E, [2024-04-27T00:10:23.690597 #45] ERROR -- : [31f016a7-898c-432e-9c45-2a5a02b9b91d]
[31f016a7-898c-432e-9c45-2a5a02b9b91d] ActionController::InvalidAuthenticityToken (HTTP Origin header (https://192.168.64.33) didn't match request.base_url (https://blog-railsapp-1:3000)):
This is a built-in security feature in Rails to prevent CSRF. We will dive deep into this matter in a separate article. For the moment, let’s resolve this problem by configuring X-Forwarded headers in Nginx.
Add X-Forwarded headers in Nginx
Update the nginx.conf in the virtual server:
# nginx.conf
...
server {
listen 443 ssl;
listen [::]:443 ssl;
server_name ror-blog.com;
ssl_certificate /etc/nginx/nginx.crt;
ssl_certificate_key /etc/nginx/nginx.key;
location / {
root /usr/share/nginx/html;
try_files $uri @rails;
}
location @rails {
proxy_redirect off;
proxy_pass http://blog-railsapp-1:3000;
proxy_set_header Host $host;
proxy_set_header X-Forwarded-For $proxy_add_x_forwarded_for;
}
Restart nginx service:
$ docker compose restart nginx
Open https://<public_ip> in your web browser in the developer workstation and try to create a new article again. You’ll be able to create the article and Rails will redirect to https://<public-ip>/articles/1.
Redirect HTTP to HTTPS
If users try to access our web application via HTTP, we want to redirect them to HTTPS.
Update the HTTP server block in nginx.conf in the virtual server:
# nginx.conf
server {
listen 80;
listen [::]:80;
# location / {
# root /usr/share/nginx/html;
# try_files $uri @rails;
# }
# location @rails {
# proxy_redirect off;
# proxy_pass http://blog-railsapp-1:3000;
# }
return 302 https://$host$request_uri;
}
We have removed the location directive and added a new configuration directive return. It tells Nginx to send a 302 response with the HTTPS URL whenever an HTTP request is received.
Restart nginx service.
$ docker compose restart nginx
Try to access the application via HTTP and verify that you get redirected to HTTPS.
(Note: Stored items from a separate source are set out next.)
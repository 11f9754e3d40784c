-- ===== src/Parser/Jumps.antt =====
-- src/parser.c: goto and labels.
use lua2wasm.Prelude.{
  ℕ, zero, suc, ◌+◌, Bytes, codes, equal, length, drop, List, [], ◌∷◌, ◌++◌, Bool, true, false, not,
  ◌&&◌, ◌||◌, ltb, if◌then◌else◌, Option, none, some,
}
use lua2wasm.Lexer.Token.{TokKind}
use lua2wasm.Lexer.Scan.{Token}
use lua2wasm.Parser.Kinds.{same_kind}
use lua2wasm.Parser.Ast.{Stmt, stmt, StmtShape}
use lua2wasm.Parser.Scope.{FuncFrame, decl_local, decl_global, decl_global_all, get_elem?}
use lua2wasm.Parser.State.{
  Action, plain, jumps_into_scope, LabelRec, GotoRec, pure, give_up, gets, modify, branch,
  on_option, fail_with, peek, peek_at, advance, take_ident, name_of, ◌>>=◌, ◌>>◌,
}

unfoldable pub has_label : List LabelRec → Bytes → Bool
has_label [] name = false
has_label (l ∷ ls) name = equal l.name name || has_label ls name

-- The labels of this function begin at `fn_labels`.
unfoldable pub label_visible : List LabelRec → ℕ → Bytes → Bool
unfolding has_label
label_visible labels fn_labels name = has_label (drop fn_labels labels) name

-- A goto of this name that has not met its label.
abbrev waits_for : GotoRec → Bytes → Bool
waits_for g name = not g.resolved && equal g.name name

-- The gotos from `from` on take the label: the gotos as they are left, and the first one that
-- would jump into the scope of a declaration.
unfoldable pub resolve_gotos : List GotoRec → ℕ → Bytes → ℕ → List GotoRec × Option GotoRec
resolve_gotos [] from name nactvar = ([], none)
resolve_gotos (g ∷ gs) (suc from) name nactvar =
    let (gs', bad) = resolve_gotos gs from name nactvar in (g ∷ gs', bad)
resolve_gotos (g ∷ gs) zero name nactvar =
    let (gs', bad) = resolve_gotos gs zero name nactvar in
    if not (waits_for g name)
    then (g ∷ gs', bad)
    else if ltb g.nactvar nactvar
    then (g ∷ gs, some g)
    else (record g { resolved = true } ∷ gs', bad)

-- What the error calls the declaration: a collective one has no name.
unfoldable pub declaration_name : FuncFrame → ℕ → Bytes
declaration_name f i = elim (get_elem? f.locals i) [
  | none ↦ []
  | some d ↦ elim d.kind [
    | decl_local ↦ d.name
    | decl_global ↦ d.name
    | decl_global_all ↦ codes "*"
  ]
]

unfoldable pub closes_block : TokKind → Bool
unfolding same_kind
closes_block k =
    same_kind k TokKind.kw_end
    || same_kind k TokKind.kw_else
    || same_kind k TokKind.kw_elseif
    || same_kind k TokKind.eof

module _ {F : Type 0} (toks : List (Token F)) where
  -- From the token `i` on, only labels and semicolons follow before the block closes.
  unfoldable pub label_ends_block : ℕ → ℕ → Action F Bool
  label_ends_block zero i = give_up
  label_ends_block (suc fuel) i = do
    t ← peek_at toks i
    branch (same_kind t.kind TokKind.semi) (label_ends_block fuel (i + 1)) (
        branch (same_kind t.kind TokKind.dblcolon)
          (do
            u ← peek_at toks (i + 1)
            branch (same_kind u.kind TokKind.ident)
                (do
                  v ← peek_at toks (i + 2)
                  branch (same_kind v.kind TokKind.dblcolon) (label_ends_block fuel (i + 3))
                      (pure (closes_block t.kind)))
                (pure (closes_block t.kind)))
          (pure (closes_block t.kind)))

  -- A goto whose label is not in sight waits for it.
  unfoldable pub await_label : Bytes → ℕ → Action F (Unit {0})
  await_label name line = do
    seen ← gets (λ p. label_visible p.labels p.fn_labels name)
    branch seen (pure tt) (
        modify (λ p. record p {
          gotos =
              p.gotos
              ++ record {
                name = name;
                line = line;
                nactvar = length p.frame.locals;
                resolved = false;
              }
                ∷ [];
        }))

  unfoldable pub parse_goto : Action F (Stmt F)
  parse_goto = do
    t ← peek toks
    advance toks
    take_ident toks Stmt.null (codes "expected identifier after `goto`")
        (λ nm. do await_label (name_of nm) t.line; pure (stmt t.line (StmtShape.goto (name_of nm))))

  unfoldable pub define_label : ℕ → Bytes → Action F (Stmt F)
  define_label line name = do
    last ← label_ends_block (length toks + 1) 0
    nactvar ← gets (λ p. if last then p.blk_nactvar else length p.frame.locals)
    r ← gets (λ p. resolve_gotos p.gotos p.blk_gotos name nactvar)
    modify (λ p. record p { gotos = r.0 })
    on_option r.1
        (do
          modify (λ p. record p {
            labels = p.labels ++ record { name = name; nactvar = nactvar } ∷ [];
          })
          pure (stmt line (StmtShape.label name)))
        (λ g. do
          d ← gets (λ p. declaration_name p.frame g.nactvar)
          fail_with toks Stmt.null (jumps_into_scope name g.line d))

  unfoldable pub parse_label : Action F (Stmt F)
  parse_label = do
    t ← peek toks
    advance toks
    take_ident toks Stmt.null (codes "expected identifier inside `::...::`") (λ nm. do
      u ← peek toks
      branch (same_kind u.kind TokKind.dblcolon) (do advance toks; define_label t.line (name_of nm))
          (fail_with toks Stmt.null (plain (codes "expected `::` after label name"))))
Step-6: Setting up a domain name
Buy a domain name from a domain registrar and configure DNS for the public IP address of the virtual server. Refer to the domain registrar’s documentation on how to configure DNS.
You don’t need to configure anything in Nginx or Rails for setting up a domain name.
Wrapping up
That’s it. Our Rails application is live, on a single virtual server.
We are using a DIY database for this Rails deployment. Operating a DIY database demands a lot of effort and skill. A managed database solution from your cloud provider can relieve you of this burden.
Also, since our app is running on a single virtual server, we do not have a proper redundancy or a fail-over mechanism.
But this setup is quite OK for a hobby project or validating a startup idea. In an upcoming article, we will discuss more about different web app deployment architectures so you can make an informed decision on the best method for deploying your Rails app.